### EXERCISE PROMPT
Set down the records that follow in full and without changes.

### DATA RECORDS
-- ===== src/Detector/Kernels.antt =====
-- simd_generic.c: the scalar kernels that the burst detector calls, over whole arrays.
use iridium_sniffer.Base.{ℕ, ◌/◌, List, [], ◌∷◌, ◌++◌, map, take, drop, if◌then◌else◌}
use iridium_sniffer.Base.Int.{ℤ, pos}
use iridium_sniffer.Base.Doubles.{Doubles}
use iridium_sniffer.Detector.{Sample}

module _ (F : Doubles) where
  open F use {Double, of_int, add, sub, mul, div, lt}

  -- `out[i] = f(a[i], b[i])`
  abbrev pub zip_with {ℓ κ μ} :
      {A : Type ℓ} {B : Type κ} {C : Type μ} → (A → B → C) → List A → List B → List C
  zip_with f (a ∷ xs) (b ∷ ys) = f a b ∷ zip_with f xs ys
  zip_with f _ _ = []

  unfoldable pub generic_window_cf : List (Sample F) → List Double → List (Sample F)
  generic_window_cf samples window =
      zip_with (λ s w. record { re = mul s.re w; im = mul s.im w }) samples window

  abbrev pub power : Sample F → Double
  power s = add (mul s.re s.re) (mul s.im s.im)

  -- The two halves change places.
  unfoldable pub generic_fftshift_mag : List (Sample F) → ℕ → List Double
  generic_fftshift_mag fft_out fft_size =
      let half = fft_size / 2 in
      map power (take half (drop half fft_out)) ++ map power (take half fft_out)

  unfoldable pub generic_baseline_update : List Double → List Double → List Double → List Double
  generic_baseline_update sum old_hist new_mag =
      zip_with (λ s n. add s n) (zip_with (λ s o. sub s o) sum old_hist) new_mag

  unfoldable pub generic_relative_mag : List Double → List Double → List Double
  generic_relative_mag mag baseline =
      zip_with (λ m b. if lt (of_int (pos 0)) b then div m b else of_int (pos 0)) mag baseline

  -- Signed bytes, I before Q; an odd byte at the end is not read.
  unfoldable pub generic_convert_i8_cf : List ℤ → List (Sample F)
  generic_convert_i8_cf (re ∷ (im ∷ iq)) =
      record { re = div (of_int re) (of_int (pos 128)); im = div (of_int im) (of_int (pos 128)) }
      ∷ generic_convert_i8_cf iq
  generic_convert_i8_cf _ = []

  -- Interleaved floats.
  unfoldable pub convert_cf32 : List Double → List (Sample F)
  convert_cf32 (re ∷ (im ∷ iq)) = record { re = re; im = im } ∷ convert_cf32 iq
  convert_cf32 _ = []
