-- ===== src/Detector/Noise.antt =====
-- burst_detect.c: `update_filters_pre` and `update_filters_post`, the noise floor of each FFT bin.
use iridium_sniffer.Base.{
  ◌+◌, ◌*◌, List, [], ◌∷◌, Bool, true, false, ◌&&◌, ◌||◌, length, get_or, set, ◌==◌, if◌then◌else◌,
}
use iridium_sniffer.Base.Int.{pos, negsuc}
use iridium_sniffer.Base.Doubles.{Doubles}
use iridium_sniffer.Detector.{Settings, Detector}
use iridium_sniffer.Detector.Kernels.{generic_relative_mag, generic_baseline_update}

module _ (F : Doubles) where
  open F use {Double, of_int, add, mul, div, lt, log10}

  -- The new state, and whether it returned 1.
  unfoldable pub update_filters_pre : Detector F → Detector F × Bool
  update_filters_pre d =
      if d.history_primed
      then (
        record d { relative_magnitude = generic_relative_mag F d.magnitude_shifted d.baseline_sum },
        true,
      )
      else (d, false)

  unfoldable pub update_filters_post : Settings F → Detector F → Bool → Detector F
  update_filters_post c d force =
      if (length d.bursts == 0) || force
      then (let hist = get_or d.baseline_history d.history_index [] in
          let wraps = d.history_index + 1 == c.history_size in
          record d {
            baseline_sum = generic_baseline_update F d.baseline_sum hist d.magnitude_shifted;
            baseline_history = set d.baseline_history d.history_index d.magnitude_shifted;
            history_index = if wraps then 0 else d.history_index + 1;
            history_primed = wraps || d.history_primed;
          })
      else d

  abbrev pub total : List Double → Double → Double
  total [] sum = sum
  total (x ∷ xs) sum = total xs (add sum x)

  unfoldable pub burst_detector_noise_floor : Settings F → Detector F → Double
  burst_detector_noise_floor c d =
      let zero = of_int (pos 0) in
      let avg = div (total d.baseline_sum zero) (of_int (pos (c.fft_size * c.history_size))) in
      let bin_width = div (of_int (pos c.sample_rate)) (of_int (pos c.fft_size)) in
      if c.history_size == 0
      then zero
      else if lt zero avg && lt zero bin_width
      then mul (of_int (pos 10)) (log10 (div avg bin_width))
      else of_int (negsuc 119)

### RESPONSE TO THIS TASK
-- ===== src/Detector/Kernels.antt =====
-- simd_generic.c: the scalar kernels that the burst detector calls, over whole arrays.
use iridium_sniffer.Base.{ℕ, ◌/◌, List, [], ◌∷◌, ◌++◌, map, take, drop, if◌then◌else◌}
use iridium_sniffer.Base.Int.{ℤ, pos}
use iridium_sniffer.Base.Doubles.{Doubles}
use iridium_sniffer.Detector.{Sample}

module _ (F : Doubles) where
  open F use {Double, of_int, add, sub, mul, div, lt}

  -- `out[i] = f(a[i], b[i])`
  abbrev pub zip_with {ℓ κ μ} :
      {A : Type ℓ} {B : Type κ} {C : Type μ} → (A → B → C) → List A → List B → List C
  zip_with f (a ∷ xs) (b ∷ ys) = f a b ∷ zip_with f xs ys
  zip_with f _ _ = []

  unfoldable pub generic_window_cf : List (Sample F) → List Double → List (Sample F)
  generic_window_cf samples window =
      zip_with (λ s w. record { re = mul s.re w; im = mul s.im w }) samples window

  abbrev pub power : Sample F → Double
  power s = add (mul s.re s.re) (mul s.im s.im)

  -- The two halves change places.
  unfoldable pub generic_fftshift_mag : List (Sample F) → ℕ → List Double
  generic_fftshift_mag fft_out fft_size =
      let half = fft_size / 2 in
      map power (take half (drop half fft_out)) ++ map power (take half fft_out)

  unfoldable pub generic_baseline_update : List Double → List Double → List Double → List Double
  generic_baseline_update sum old_hist new_mag =
      zip_with (λ s n. add s n) (zip_with (λ s o. sub s o) sum old_hist) new_mag

  unfoldable pub generic_relative_mag : List Double → List Double → List Double
  generic_relative_mag mag baseline =
      zip_with (λ m b. if lt (of_int (pos 0)) b then div m b else of_int (pos 0)) mag baseline

  -- Signed bytes, I before Q; an odd byte at the end is not read.
  unfoldable pub generic_convert_i8_cf : List ℤ → List (Sample F)
  generic_convert_i8_cf (re ∷ (im ∷ iq)) =
      record { re = div (of_int re) (of_int (pos 128)); im = div (of_int im) (of_int (pos 128)) }
      ∷ generic_convert_i8_cf iq
  generic_convert_i8_cf _ = []

  -- Interleaved floats.
  unfoldable pub convert_cf32 : List Double → List (Sample F)
  convert_cf32 (re ∷ (im ∷ iq)) = record { re = re; im = im } ∷ convert_cf32 iq
  convert_cf32 _ = []
-- ===== src/Detector/Noise.antt =====
-- burst_detect.c: `update_filters_pre` and `update_filters_post`, the noise floor of each FFT bin.
use iridium_sniffer.Base.{
  ◌+◌, ◌*◌, List, [], ◌∷◌, Bool, true, false, ◌&&◌, ◌||◌, length, get_or, set, ◌==◌, if◌then◌else◌,
}
use iridium_sniffer.Base.Int.{pos, negsuc}
use iridium_sniffer.Base.Doubles.{Doubles}
use iridium_sniffer.Detector.{Settings, Detector}
use iridium_sniffer.Detector.Kernels.{generic_relative_mag, generic_baseline_update}

module _ (F : Doubles) where
  open F use {Double, of_int, add, mul, div, lt, log10}

  -- The new state, and whether it returned 1.
  unfoldable pub update_filters_pre : Detector F → Detector F × Bool
  update_filters_pre d =
      if d.history_primed
      then (
        record d { relative_magnitude = generic_relative_mag F d.magnitude_shifted d.baseline_sum },
        true,
      )
      else (d, false)

  unfoldable pub update_filters_post : Settings F → Detector F → Bool → Detector F
  update_filters_post c d force =
      if (length d.bursts == 0) || force
      then (let hist = get_or d.baseline_history d.history_index [] in
          let wraps = d.history_index + 1 == c.history_size in
          record d {
            baseline_sum = generic_baseline_update F d.baseline_sum hist d.magnitude_shifted;
            baseline_history = set d.baseline_history d.history_index d.magnitude_shifted;
            history_index = if wraps then 0 else d.history_index + 1;
            history_primed = wraps || d.history_primed;
          })
      else d

  abbrev pub total : List Double → Double → Double
  total [] sum = sum
  total (x ∷ xs) sum = total xs (add sum x)

  unfoldable pub burst_detector_noise_floor : Settings F → Detector F → Double
  burst_detector_noise_floor c d =
      let zero = of_int (pos 0) in
      let avg = div (total d.baseline_sum zero) (of_int (pos (c.fft_size * c.history_size))) in
      let bin_width = div (of_int (pos c.sample_rate)) (of_int (pos c.fft_size)) in
      if c.history_size == 0
      then zero
      else if lt zero avg && lt zero bin_width
      then mul (of_int (pos 10)) (log10 (div avg bin_width))
      else of_int (negsuc 119)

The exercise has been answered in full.